YOUR ASSIGNMENT - The requested output is every line from the one with "is_accepted sys.mode sys.layout sys'.sample_rate)" through the last line below, printed exactly.

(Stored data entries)

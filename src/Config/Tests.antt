-- ===== src/Config/Tests.antt =====
-- The theorems on the configuration at a concrete reading of the values.
use text.Mathlib.Text.{◌==◌ as str_eq}
use audioreach_pulseaudio_pl.Sink.Rates.{s16le}
use audioreach_pulseaudio_pl.Channel.{ChannelMap, front_left}
use audioreach_pulseaudio_pl.Pal.{device_none, low_latency}
use audioreach_pulseaudio_pl.Config.Table.{parse_line}
use audioreach_pulseaudio_pl.Config.Sections.{parse_port_direction}
use audioreach_pulseaudio_pl.Config.Lines.{Read-IsValid, line, no_line}
use audioreach_pulseaudio_pl.Config.Names.{add_usecase_ports, link_profiles, parse_port_names}
use audioreach_pulseaudio_pl.Formats.{encoding_pcm}
use audioreach_pulseaudio_pl.Config.Invariant.{IsValid, empty-IsValid}
use audioreach_pulseaudio_pl.Config.Map.{lookup}
use audioreach_pulseaudio_pl.Config.Entry.{after_prefix, edit_port, edit_profile, edit_sink}
use audioreach_pulseaudio_pl.Config.{
  ConfigData, Parser, Usecase, direction_output, empty_config, new_port, new_usecase,
}
use audioreach_pulseaudio_pl.Config.Answers.{parse_default_sample_rate_lem}
use audioreach_pulseaudio_pl.Base.{
  List, Option, String, [], false, none, pos, refl, some, true, ◌∷◌, ◌≡◌,
}
use audioreach_pulseaudio_pl.Config.Fields.{parse_default_sample_rate}

abbrev plain_map : ChannelMap
plain_map = record { channels = 2; positions = λ i. front_left }

-- Every value is one word, PCM, and the number 44100.
abbrev plain : Parser
plain = record {
  zero_stream_type = low_latency;
  zero_device = device_none;
  zero_map = plain_map;
  split_spaces = λ s. some (s ∷ []);
  encoding_from_string = λ s. encoding_pcm;
  parse_sample_format = λ s. s16le;
  channel_map_parse = λ s. some plain_map;
  atou = λ s. some 44100;
  atoi = λ s. some (pos 44100);
  parse_boolean = λ s. pos 1;
}

abbrev one_port : ConfigData
one_port = (parse_port_direction plain "Port speaker" "out" empty_config).1

abbrev one_sink : ConfigData
one_sink = (parse_port_names plain "Sink low" "speaker" one_port).1

port_read :
    parse_line plain "direction" "Port speaker" "out" empty_config
    ≡ some ((parse_port_direction plain "Port speaker" "out" empty_config).0, one_port)
unfolding parse_line
port_read = refl

sink_read :
    parse_line plain "port-names" "Sink low" "speaker" one_port
    ≡ some ((parse_port_names plain "Sink low" "speaker" one_port).0, one_sink)
unfolding parse_line
sink_read = refl

-- The two lines: one port, and one sink that lists it.
port_known :
    lookup "speaker" one_port.ports
    ≡ some (record (new_port plain "speaker") { direction = direction_output })
unfolding parse_port_direction edit_port after_prefix
port_known = refl

abbrev ports_of : Option Usecase → List String
ports_of none = []
ports_of (some u) = u.ports

sink_ports : ports_of (lookup "low" one_sink.sinks) ≡ "speaker" ∷ []
unfolding parse_port_names edit_profile edit_sink edit_port after_prefix add_usecase_ports
    parse_port_direction link_profiles
sink_ports = refl

Read-IsValid_example : IsValid one_sink
Read-IsValid_example = Read-IsValid plain empty_config empty-IsValid (
    line "port-names" "Sink low" "speaker" _
      (line "direction" "Port speaker" "out" _ no_line port_read) sink_read)

sink_section : after_prefix "Sink " "Sink low" ≡ some "low"
unfolding after_prefix
sink_section = refl

parse_default_sample_rate_example :
    let u = new_usecase plain "low" 1 in
    let (ok, c') = parse_default_sample_rate plain "Sink low" "44100" empty_config in
    (ok ≡ true)
    × (lookup "low" c'.sinks
        ≡ some (record u { default_spec = record (u.default_spec) { rate = 44100 } }))
    × ((other : String) → str_eq "low" other ≡ false → lookup other c'.sinks ≡ none)
    × (c'.sources ≡ [])
    × (c'.ports ≡ [])
    × (c'.profiles ≡ [])
parse_default_sample_rate_example =
    parse_default_sample_rate_lem plain "Sink low" "44100" "low" empty_config sink_section
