-- ===== src/Detection.antt =====
-- modules/pa-pal-plugins/module-pal-card/src/pal-format-detection.c: from what the kernel reports of
-- an incoming stream to the configuration of the jack. The reading of the files is not modelled.
--
-- `pa_channel_map_init` and `pa_channel_map_init_auto` are PulseAudio's: the parameter `blank` is
-- the map of the first, and `init_auto m n` is what the second leaves in the map `m`. The first
-- does not look at the map that it resets.
pub mod Accepted
mod Tests
use audioreach_pulseaudio_pl.Formats.{
  Encoding, encoding_dsd, encoding_pcm, unknown_4x_iec61937, unknown_hbr_iec61937, unknown_iec61937,
}
use audioreach_pulseaudio_pl.Sink.Rates.{SampleFormat, s16le, s32le}
use audioreach_pulseaudio_pl.Channel.{ChannelMap, channel_map_init, util_map}
use audioreach_pulseaudio_pl.Base.{
  Bool, List, [], false, get_or, if◌then◌else◌, mem, negsuc, not, pos, true, ℕ, ℤ, ◌%◌, ◌&&◌, ◌/◌,
  ◌==◌, ◌||◌, ◌∷◌, ltb, Option, none, some,
}

-- The constants PA_PAL_JACK_INPUT_MODE_* and the others by a number.
pub data InputMode : Type 0 where
  pcm compress dsd : InputMode
  other_mode : ℕ → InputMode

-- `pa_pal_jack_sys_node_config_t`
pub record SysNodeConfig : Type 0 where
  pub sample_rate : ℕ
  pub bitwidth : ℕ
  pub channels : ℕ
  pub layout : ℕ
  pub channel_allocation : ℕ
  pub mode : InputMode
  pub preemph_status : ℤ

-- The fields of `pa_pal_jack_out_config` of inc/pal-jack-format.h that the plugin writes here.
pub record JackOutConfig : Type 0 where
  pub encoding : Encoding
  pub rate : ℕ
  pub format : SampleFormat
  pub ss_channels : ℕ
  pub map : ChannelMap
  pub preemph_status : ℤ

abbrev pub supported_pcm_sample_rates : List ℕ
supported_pcm_sample_rates = 32000 ∷ 44100 ∷ 48000 ∷ 88200 ∷ 96000 ∷ 176400 ∷ 192000 ∷ []

abbrev pub is_pcm_sample_rate_valid : ℕ → Bool
is_pcm_sample_rate_valid rate = mem rate supported_pcm_sample_rates

abbrev pub default_num_channels : ℕ
default_num_channels = 2

abbrev pub is_dsd : InputMode → Bool
is_dsd dsd = true
is_dsd _ = false

abbrev pub is_compress : InputMode → Bool
is_compress compress = true
is_compress _ = false

-- The defaults for a rate and a number of channels of 0.
unfoldable pub fill_defaults : SysNodeConfig → SysNodeConfig
fill_defaults sys = record sys {
  sample_rate =
      if sys.sample_rate == 0 then (if is_dsd sys.mode then 44100 else 48000) else sys.sample_rate;
  channels = if sys.channels == 0 then default_num_channels else sys.channels;
}

-- What is set before the layout is looked at.
unfoldable pub start_config :
    ChannelMap → (ChannelMap → ℕ → ChannelMap) → SysNodeConfig → JackOutConfig → JackOutConfig
start_config blank init_auto sys jack =
    let map = if is_dsd sys.mode then init_auto blank 6 else init_auto blank 2 in
    record jack {
      preemph_status = if is_compress sys.mode then pos 0 else sys.preemph_status;
      rate = sys.sample_rate;
      format = if is_dsd sys.mode then s32le else s16le;
      map = map;
      ss_channels = map.channels;
    }

abbrev pub with_map : ChannelMap → JackOutConfig → JackOutConfig
with_map m jack = record jack { map = m; ss_channels = m.channels }

-- The configuration with a map that was laid out.
abbrev pub with_util_map : Option ChannelMap → JackOutConfig → Option (Bool × JackOutConfig)
with_util_map none jack = none
with_util_map (some m) jack = some (true, with_map m jack)

-- The encoding by mode and layout; false is the jump to `exit`.
unfoldable pub set_encoding :
    ChannelMap → InputMode → SysNodeConfig → JackOutConfig → Option (Bool × JackOutConfig)
set_encoding blank pcm sys jack =
    let j = record jack { encoding = encoding_pcm } in
    if sys.layout == 1
    then some (true, with_map (record blank { channels = sys.channels % 256 }) j)
    else some (true, j)
set_encoding blank compress sys jack =
    if sys.layout == 0
    then (if sys.sample_rate == 192000 || sys.sample_rate == 176400
        then some (true, record jack { encoding = unknown_4x_iec61937; rate = sys.sample_rate / 4 })
        else some (true, record jack { encoding = unknown_iec61937 }))
    else if sys.layout == 1
    then with_util_map (util_map blank 8) (record jack { encoding = unknown_hbr_iec61937 })
    else some (false, jack)
set_encoding blank dsd sys jack =
    with_util_map (util_map blank sys.channels) (record jack { encoding = encoding_dsd })
set_encoding blank (other_mode n) sys jack = some (false, jack)

-- The switch that checks the rate for the encoding.
abbrev pub rate_fits : Encoding → ℕ → Bool
rate_fits encoding_pcm rate = is_pcm_sample_rate_valid rate
rate_fits unknown_iec61937 rate = mem rate (32000 ∷ 44100 ∷ 48000 ∷ [])
rate_fits unknown_4x_iec61937 rate = mem rate (176400 ∷ 192000 ∷ [])
rate_fits unknown_hbr_iec61937 rate = mem rate (176400 ∷ 192000 ∷ [])
rate_fits encoding_dsd rate = mem rate (44100 ∷ 88200 ∷ [])
rate_fits _ rate = false

-- The check of the rate, after the encoding.
abbrev checked_rate :
    SysNodeConfig → Option (Bool × JackOutConfig) → Option (ℤ × SysNodeConfig × JackOutConfig)
checked_rate sys none = none
checked_rate sys (some (known, jack)) =
    if known
    then (if rate_fits jack.encoding sys.sample_rate
        then some (pos 0, sys, jack)
        else some (negsuc 0, sys, jack))
    else some (negsuc 0, sys, jack)

-- The result is the code, the system's configuration with the defaults, and the jack's; none where an
-- assertion fails.
unfoldable pub config_to_jack_config :
    ChannelMap
    → (ChannelMap → ℕ → ChannelMap)
    → SysNodeConfig
    → JackOutConfig
    → Option (ℤ × SysNodeConfig × JackOutConfig)
config_to_jack_config blank init_auto sys jack =
    let sys1 = fill_defaults sys in
    let jack1 = start_config blank init_auto sys1 jack in
    if not (sys.layout == 0) && not (sys.layout == 1)
    then some (negsuc 0, sys1, jack1)
    else checked_rate sys1 (set_encoding blank sys1.mode sys1 jack1)

-- `pa_pal_format_detection_get_num_channels`, of a count that is not negative.
abbrev pub get_num_channels : ℤ → ℕ
get_num_channels (pos n) = if ltb 0 n && ltb n 9 then n else default_num_channels
get_num_channels (negsuc n) = default_num_channels
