-- ===== src/Detection/Accepted.antt =====
-- Which reports of the kernel are accepted, and what the jack is configured to.
use audioreach_pulseaudio_pl.Detection.{
  InputMode, JackOutConfig, SysNodeConfig, pcm, compress, dsd, other_mode, is_dsd,
}
use audioreach_pulseaudio_pl.Base.{
  Bool, [], false, ltb, mem, succeeded, ℕ, ◌&&◌, ◌==◌, ◌∷◌, ◌≡◌, if◌then◌else◌, ◌/◌, ◌⊎◌, Option,
  none, some, true, ℤ,
}

-- The combinations of mode, layout and rate that a stream may have: PCM at the PCM rates, compressed
-- audio over two channels at the base rates and at four times 44100 or 48000, over eight channels at
-- the latter only, DSD at 44100 and twice that.
abbrev pub is_accepted : InputMode → ℕ → ℕ → Bool
is_accepted pcm layout rate =
    ltb layout 2 && mem rate (32000 ∷ 44100 ∷ 48000 ∷ 88200 ∷ 96000 ∷ 176400 ∷ 192000 ∷ [])
is_accepted compress layout rate =
    if layout == 0
    then mem rate (32000 ∷ 44100 ∷ 48000 ∷ 176400 ∷ 192000 ∷ [])
    else layout == 1 && mem rate (176400 ∷ 192000 ∷ [])
is_accepted dsd layout rate = ltb layout 2 && mem rate (44100 ∷ 88200 ∷ [])
is_accepted (other_mode n) layout rate = false

-- The rate that PulseAudio is told: a quarter of the transmission rate for fourfold compressed
-- audio over two channels, the transmission rate for anything else.
abbrev pub media_rate : InputMode → ℕ → ℕ → ℕ
media_rate compress layout rate = if (layout == 0) && ltb 48000 rate then rate / 4 else rate
media_rate mode layout rate = rate

-- DSD of a known layout with more channels than PulseAudio has fails an assertion.
abbrev pub aborts : SysNodeConfig → Bool
aborts sys = is_dsd sys.mode && (ltb sys.layout 2 && ltb 32 sys.channels)

-- What the conversion of a report comes to.
abbrev pub Converted : SysNodeConfig → Option (ℤ × SysNodeConfig × JackOutConfig) → Type 0
Converted sys none = aborts sys ≡ true
Converted sys (some (rc, sys', jack')) =
    (aborts sys ≡ false)
    × (succeeded rc ≡ is_accepted sys.mode sys.layout sys'.sample_rate)
    × ((succeeded rc ≡ false) ⊎ (jack'.rate ≡ media_rate sys.mode sys.layout sys'.sample_rate))
    × (jack'.ss_channels ≡ jack'.map.channels)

YOUR RESPONSE -
    × (succeeded rc ≡ is_accepted sys.mode sys.layout sys'.sample_rate)
    × ((succeeded rc ≡ false) ⊎ (jack'.rate ≡ media_rate sys.mode sys.layout sys'.sample_rate))
    × (jack'.ss_channels ≡ jack'.map.channels)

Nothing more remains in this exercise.